Cleaning the Transmission Process

Location: New York
Author: Ken Silverstein, EnergyBiz Insider, Editor-in-Chief
Date: Tuesday, July 1, 2008
Things are adrift in places around the country. In the Northeast, for
example, the states all have renewable portfolio standards while they also
participate in a regional greenhouse gas initiative, all of which is meant
to cleanse the air and cut global warming pollutants. The dilemma there and
elsewhere is that the transmission line permitting process is tumultuous and
impedes those goals.
Transmission limitations, in fact, are a major barrier to the growth of
renewable energy. The process is meant to be inclusive and to elicit the
views of all stakeholders. Regulators should strive for reasonable
compromises. But if such deals cannot be reached, then they must seek to
achieve the greatest good for the greatest number. Transmission planning
requires it. And so does the federal law.
A recent U.S. Department of Energy study found that wind alone could provide
20 percent of U.S. electricity by 2030. To do so, though, significantly more
investment in transmission is needed. Not only is there is competition among
all types of generators to carry their electrons in the current lines but
new lines are necessary to transport wind resources from the remote
locations where they are most abundant.
"As renewable energy becomes more popular, the request to move these
resources is growing," says John Bear, president of the Midwest Independent
System Operator (ISO,) at the Edison Electric Institute's annual conference
in Toronto. "There is not enough infrastructure" -- a situation that denies
utilities access to lower cost generation.
The Midwest ISO, in fact, has determined that adding 5,000 miles of new
transmission to transport wind from the Dakotas to the New York City area
would result in substantial savings for customers. While the generation and
transmission costs would total $13 billion, the grid operator says that
customers would save about $600 million annually. In the case of New
England, a greater investment in transmission has paid off, enabling prices
to fall in congested areas such as Southwest Connecticut.

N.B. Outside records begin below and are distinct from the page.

-- ===== src/ScriptFile/Classify.antt =====
-- The lambdas of `parse_file` that look at one line.
use ahk_unix.Base.{
  ℕ, Bool, true, false, ◌&&◌, ◌||◌, not, List, [], ◌∷◌, ◌++◌, Option, none, some, is_some, ◌==◌,
  if◌then◌else◌, Bytes, is_empty, any, length, take, drop, codes,
}
use ahk_unix.Text.Chars.{is_space, to_lower, equal, starts_with}
use ahk_unix.Text.Find.{find, split_at}
use ahk_unix.Text.Trim.{trim}
use ahk_unix.Script.Lines.{at_boundary}

-- `std::getline` until the end: a last line without a newline counts if it is not empty.
unfoldable pub get_lines : Bytes → Bytes → List Bytes
get_lines current [] = if is_empty current then [] else current ∷ []
get_lines current (c ∷ s) = elim (c == b'\n') [
  | true ↦ current ∷ get_lines [] s
  | false ↦ get_lines (current ++ c ∷ []) s
]

unfoldable pub is_comment_or_empty : Bytes → Bool
is_comment_or_empty line =
    let t = trim line in is_empty t || starts_with t (codes ";") || starts_with t (codes "#")

-- The loop of `starts_with_command_ci`.
unfoldable pub starts_with_ci : Bytes → Bytes → Bool
starts_with_ci text [] = true
starts_with_ci [] (c ∷ command) = false
starts_with_ci (a ∷ text) (c ∷ command) = to_lower a == to_lower c && starts_with_ci text command

unfoldable pub starts_with_command_ci : Bytes → Bytes → Bool
starts_with_command_ci text command =
    starts_with_ci text command && at_boundary (drop (length command) text)

abbrev pub action_words : List Bytes
action_words =
    codes "SendInput"
    ∷ codes "Sleep"
    ∷ codes "Random"
    ∷ codes "Cancel"
    ∷ codes "Pause"
    ∷ codes "If"
    ∷ codes "Else"
    ∷ codes "SendMessage"
    ∷ codes "Input"
    ∷ codes "Return"
    ∷ []

-- The test that `looks_like_trigger_line` and `looks_like_action_line` share.
unfoldable pub is_action : Bytes → Bool
is_action t =
    any (starts_with_command_ci t) action_words || equal t (codes "{") || equal t (codes "}")

unfoldable pub looks_like_action_line : Bytes → Bool
looks_like_action_line line = let t = trim line in not (is_empty t) && is_action t

abbrev pub contains : Bytes → ℕ → Bool
contains s c = is_some (split_at c s)

unfoldable pub is_trigger_name : Bytes → Bool
is_trigger_name lhs =
    not (is_empty lhs) && not (contains lhs b'{' || contains lhs b'}' || contains lhs b',')

unfoldable pub looks_like_trigger_line : Bytes → Bool
looks_like_trigger_line line =
    let t = trim line in
    if is_empty t || is_action t then false else elim (find (codes "::") t) [
      | none ↦ false
      | some sep ↦ if starts_with t (codes ":") then true else is_trigger_name (trim (take sep t))
    ]

-- `name = value`, on a line without `::`, where the name is not empty and holds no space.
unfoldable pub assignment : Bytes → Option (Bytes × Bytes)
assignment line = elim (split_at b'=' line) [
  | none ↦ none
  | some (before, after) ↦
      let name = trim before in
      if is_some (find (codes "::") line) || any is_space name || is_empty name
      then none
      else some (name, trim after)
]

But more needs to be done there and elsewhere around the nation. To supply
20 percent of the electric generation market by 2030, the Energy Department
estimates that $60 billion in new wires would be necessary -- something that
the agency says would cut greenhouse gas emissions by 25 percent.
Tough Sell
The objective is to provide reliable, cost-effective and diverse energy
resources to customers. Federal regulators have been given more authority to
site projects. Now it's up to the Federal Energy Regulatory Commission and
the North American Electric Reliability Corp. (NERC) that reports to it to
carry out and enforce compulsory standards that could add greater
certainties and bring innovative projects to the fore.

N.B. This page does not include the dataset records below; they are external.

-- ===== src/Text/Regex.antt =====
-- The pieces of the regular expressions of the program, as matchers that return what is behind the
-- match. Neighbouring pieces of its patterns share no character, so the longest match of a piece is
-- the only one that a match of the whole pattern can take.
use ahk_unix.Base.{ℕ, [], ◌∷◌, Option, none, some, ◌==◌, if◌then◌else◌, Bytes, is_empty}
use ahk_unix.Text.Chars.{is_space, is_digit, is_ident_start, is_word, to_lower}
use ahk_unix.Text.Trim.{drop_while}
use ahk_unix.Text.Number.{span}

infixl 5 ◌>>=◌ ◌>>◌
abbrev pub ◌>>=◌ {ℓ κ} : {A : Type ℓ} {B : Type κ} → Option A → (A → Option B) → Option B
none >>= f = none
some a >>= f = f a

abbrev pub ◌>>◌ {ℓ κ} : {A : Type ℓ} {B : Type κ} → Option A → Option B → Option B
m >> k = m >>= λ _. k

-- `\s*`
abbrev pub skip_space : Bytes → Bytes
skip_space = drop_while is_space

-- a character
unfoldable pub match_char : ℕ → Bytes → Option Bytes
match_char c [] = none
match_char c (x ∷ s) = if x == c then some s else none

-- a word, in either case of letters
unfoldable pub match_icase : Bytes → Bytes → Option Bytes
unfolding to_lower
match_icase [] s = some s
match_icase (c ∷ p) [] = none
match_icase (c ∷ p) (x ∷ s) = let rest = match_icase p s in if to_lower x == c then rest else none

-- `([A-Za-z_]\w*)`: the name and what is behind it
unfoldable pub match_ident : Bytes → Option (Bytes × Bytes)
unfolding is_ident_start is_word span
match_ident [] = none
match_ident (c ∷ s) =
    let (word, rest) = span is_word s in if is_ident_start c then some (c ∷ word, rest) else none

-- `\d+`
unfoldable pub match_digits : Bytes → Option (Bytes × Bytes)
unfolding is_digit span
match_digits s =
    let (digits, rest) = span is_digit s in if is_empty digits then none else some (digits, rest)

-- `(-?\d+)`
unfoldable pub match_int : Bytes → Option (Bytes × Bytes)
unfolding match_digits
match_int [] = none
match_int (c ∷ s) =
    if c == b'-'
    then (match_digits s >>= λ (digits, rest). some (b'-' ∷ digits, rest))
    else match_digits (c ∷ s)

-- `$`
abbrev pub match_end {ℓ} : {A : Type ℓ} → A → Bytes → Option A
match_end a [] = some a
match_end a (c ∷ s) = none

To succeed, federal regulators advise utilities to begin the process early
-- to meet with all constituents well in advance of filing the initial
paperwork. It's about ensuring that the procedure is inclusive and
transparent. They must understand the legitimate concerns of the
stakeholders involved. It's about building relations with the business
community, environmental groups, landowners, public officials and the press.
"You don't want neighbors to fear the project," says Jane Peverett, CEO of
the BC Transmission Corp., at the Edison meeting. "The process must be fair
and open. The people must have a say and have access to credible third
parties."
In theory, utilities are supposed to have an easier time constructing new
lines. The Energy Policy Act of 2005 sets out to give federal regulators the
ability to override state regulators if key projects are unnecessarily
delayed. It also allows them to provide some financial incentives to entice
investors to spend capital on transmission projects, which have been
considered risky because they can take years to come on line.
As a result, transmission investment has declined in real terms -- adjusted
for inflation -- from 1975 to 1998. While there have been increases since
1998, FERC says that the level is still less than what was invested in 1975.
Over the same time period, however, the demand for electricity has doubled.
That's resulted in a significant decrease in transmission capacity,
requiring new lines get built.
NERC is particularly concerned about Southern California, which depends on
imported power that is transported across heavily burdened transmission
lines. At the same time, the state has increased renewable energy
initiatives and now requires the major utilities there to provide 20 percent
of their power from green sources by 2010.
Those requirements and the current congestion are the reasons behind San
Diego Gas & Electric's effort to build the Sunrise Powerlink transmission
line. It's also the basis for Southern California Edison decision to spend
$15.5 million on transmission and distribution, of which $2.1 billion will
be dedicated to carrying renewable sources.
"The nation has tremendous renewable energy reserves, but the existing
electric transmission system was not designed to tap these new kinds of
generation," says Don Furman, senior vice president at Iberdrola Renewables.
"The good news is that we have the opportunity to solve both problems at
once, while strengthening our economy, the environment, and energy
security."
Investing in infrastructure has always been a tough sell. Private entities
have limited resources and the pay off is often too distant. But the
transmission grid is aging and it needs to be updated and expanded so that
it can meet the expected future demand for power. Doing so would give
utilities the access they need to clean generation while also helping to
increase the reliability of the grid.